Stamos summed up the case as “an intelligent young man who found a loophole that would allow him to download a lot of documents quickly. This loophole was created intentionally by MIT and JSTOR, and was codified contractually in the piles of paperwork turned over during discovery.”

Tribute

The Web is meanwhile teeming with reflections such as those by Brendan Greeley in Bloomberg Businessweek saying “Swartz wasn’t an anarchist. He came to believe that copyright law had been abused and was being used to close off what, by law, should be open. It’s hard to find fault with his logic, and there’s much to admire in a man who, rather than become a small god of the Valley, was willing to court punishment to prove a point.”

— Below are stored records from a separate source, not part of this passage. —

-- ===== src/Packages/Dependencies/Acyclic.antt =====
-- src/plaik_core/dependencies.py, `visit`: on a graph without cycles the search returns.
use plaik.Prelude.{
  ℕ, zero, suc, ◌≤◌, ◌<◌, ◌≡◌, refl, ap, String, true, some, List, [], ◌∷◌, arith, string_eq,
  eq_iff, All, Bool-cases, Option-cases, inl, inr,
}
use plaik.Prelude.Dict.{lookup}
use plaik.Prelude.Results.{Result, ok}
use plaik.Prelude.Sets.{has}
use plaik.Packages.Manifest.{PackageManifest}
use plaik.Packages.Dependencies.{
  ResolutionError, Packages, keys, is_member, targets, Visit, visit_all, finish, enter, visit,
}
use plaik.Packages.Dependencies.Search.{Sound, enter-Sound}
use plaik.Packages.Dependencies.Order.{Visits, visit-Progress}
use plaik.Packages.Dependencies.Bound.{remaining, remaining-lt, has-keys}

-- A rank that falls along every dependency: the graph has no cycle.
abbrev pub FallsAlong : (String → ℕ) → Packages → Type 0
FallsAlong rank all =
    (k : String) (m : PackageManifest)
    → lookup k all ≡ some m
    → All (λ d. (is_member d all ≡ true) × (rank d < rank k)) (targets all m.dependencies)

module _ (candidates all : Packages)
    (agrees : (k : String) (m : PackageManifest)
      → lookup k candidates ≡ some m
      → (lookup k all ≡ some m) × (m.id ≡ k))
    (rank : String → ℕ) where
  -- Where the packages that are visited above rank higher, a visit of a package returns.
  abbrev pub Returns : ℕ → (String → Visit → Result ResolutionError Visit) → Type 0
  Returns n v =
      (id : String) (s : Visit)
      → Sound candidates s
      → remaining s.visiting (keys all) < n
      → is_member id all ≡ true
      → ((y : String) → has y s.visiting ≡ true → rank id < rank y)
      → (t : Visit) × (v id s ≡ ok t)

  pub visit_all-Returns :
      (n bound : ℕ) (v : String → Visit → Result ResolutionError Visit)
      → Visits candidates all agrees v
      → Returns n v
      → (ids : List String) (s : Visit) → Sound candidates s
      → remaining s.visiting (keys all) < n
      → All (λ d. (is_member d all ≡ true) × (rank d < bound)) ids
      → ((y : String) → has y s.visiting ≡ true → bound ≤ rank y)
      → (t : Visit) × (visit_all v ids s ≡ ok t)
  unfolding visit_all
  visit_all-Returns n bound v visits returns [] s k b r a = (s, refl)
  visit_all-Returns n bound v visits returns (d ∷ ds) s k b r a =
      let (u, e) = returns d s k b r.0.0 (λ y p. omega (arith, a y p, r.0.1)) in
      let (p, seen) = visits d s u e k in
      let (t, f) =
        visit_all-Returns n bound v visits returns ds u p.sound
          (ground (arith, ap (λ vs. remaining vs (keys all)) p.same, b)) r.1
          (λ y q. a y (ground (arith, ap (has y) p.same, q))) in
      (t, rw e f)

  pub visit-Returns :
      FallsAlong rank all → (rounds : ℕ) → Returns rounds (visit all candidates rounds)
  unfolding visit enter has
  visit-Returns falls zero id s k b i a = absurd (omega arith)
  visit-Returns falls (suc rounds) id s k b i a = elim (Bool-cases (has id s.visited)) [
    | inl old ↦ (s, ground (arith, old))
    | inr new ↦ elim (Bool-cases (has id s.visiting)) [
      | inl cycle ↦ absurd (omega (arith, a id cycle))
      | inr fresh ↦ elim (Option-cases (lookup id all)) [
        | inl e ↦ absurd (ground (arith, e, i))
        | inr (m, e) ↦
            let s' = record s { visiting = id ∷ s.visiting } in
            let smaller = remaining-lt id s.visiting (keys all) fresh (has-keys id all m e) in
            let (u, f) =
              visit_all-Returns rounds (rank id) (visit all candidates rounds)
                (visit-Progress candidates all agrees rounds) (visit-Returns falls rounds)
                (targets all m.dependencies) s' (enter-Sound candidates id s new k)
                (omega (arith, smaller, b)) (falls id m e)
                (λ y p. ground (arith, p, a y, eq_iff id y)) in
            (finish all candidates id u, ground (arith, new, fresh, e, f))
      ]
    ]
  ]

JSTOR seems to have agreed, at least in part. Three days before Swartz’s body was found the expensive, subscription-only academic journal site announced it would offer limited free access to its data – three items every two weeks. (Most of the work on the site was paid for with public funds, critics say, making its demands for payment for access to the papers questionable.)

One group of online activists have uploaded the mass of JSTOR documents to torrent site The Pirate Bay, according to Talking Points Memo, and another called the Archive Team, led by former Cantabrigian Jason Scott Sadofsky, has created an Aaron Swartz Memorial JSTOR Liberator that makes it easy for visitors to the site to download a public domain article without a subscription.

But perhaps the most enduring tribute to Swartz was the sudden, civil-rights style posting of academic papers to circumvent the restrictions put on their authors by their journals.

Proposed Saturday by neuroscientist Micah Allen on Reddit, the “guerrilla PDF uploading campaign in honor of [Swartz’s] fight for open access” took off quickly among people using the Twitter hashtag #pdftribute, and thousands of papers had reportedly been posted by Sunday afternoon. They are grouped at the hashtag scraper pdftribute.net.

“By standing together we show that the future of research publishing is freedom of information,” Allen wrote. “But tomorrow remember that we need to push through real copyright reform.”

He recommended people read the manifesto Swartz wrote to explain his actions, the “Guerrilla Open Access Manifesto.”

On Monday, prosecutors formally dropped their charges against Swartz – routine after a defendant’s death, The Associated Press said.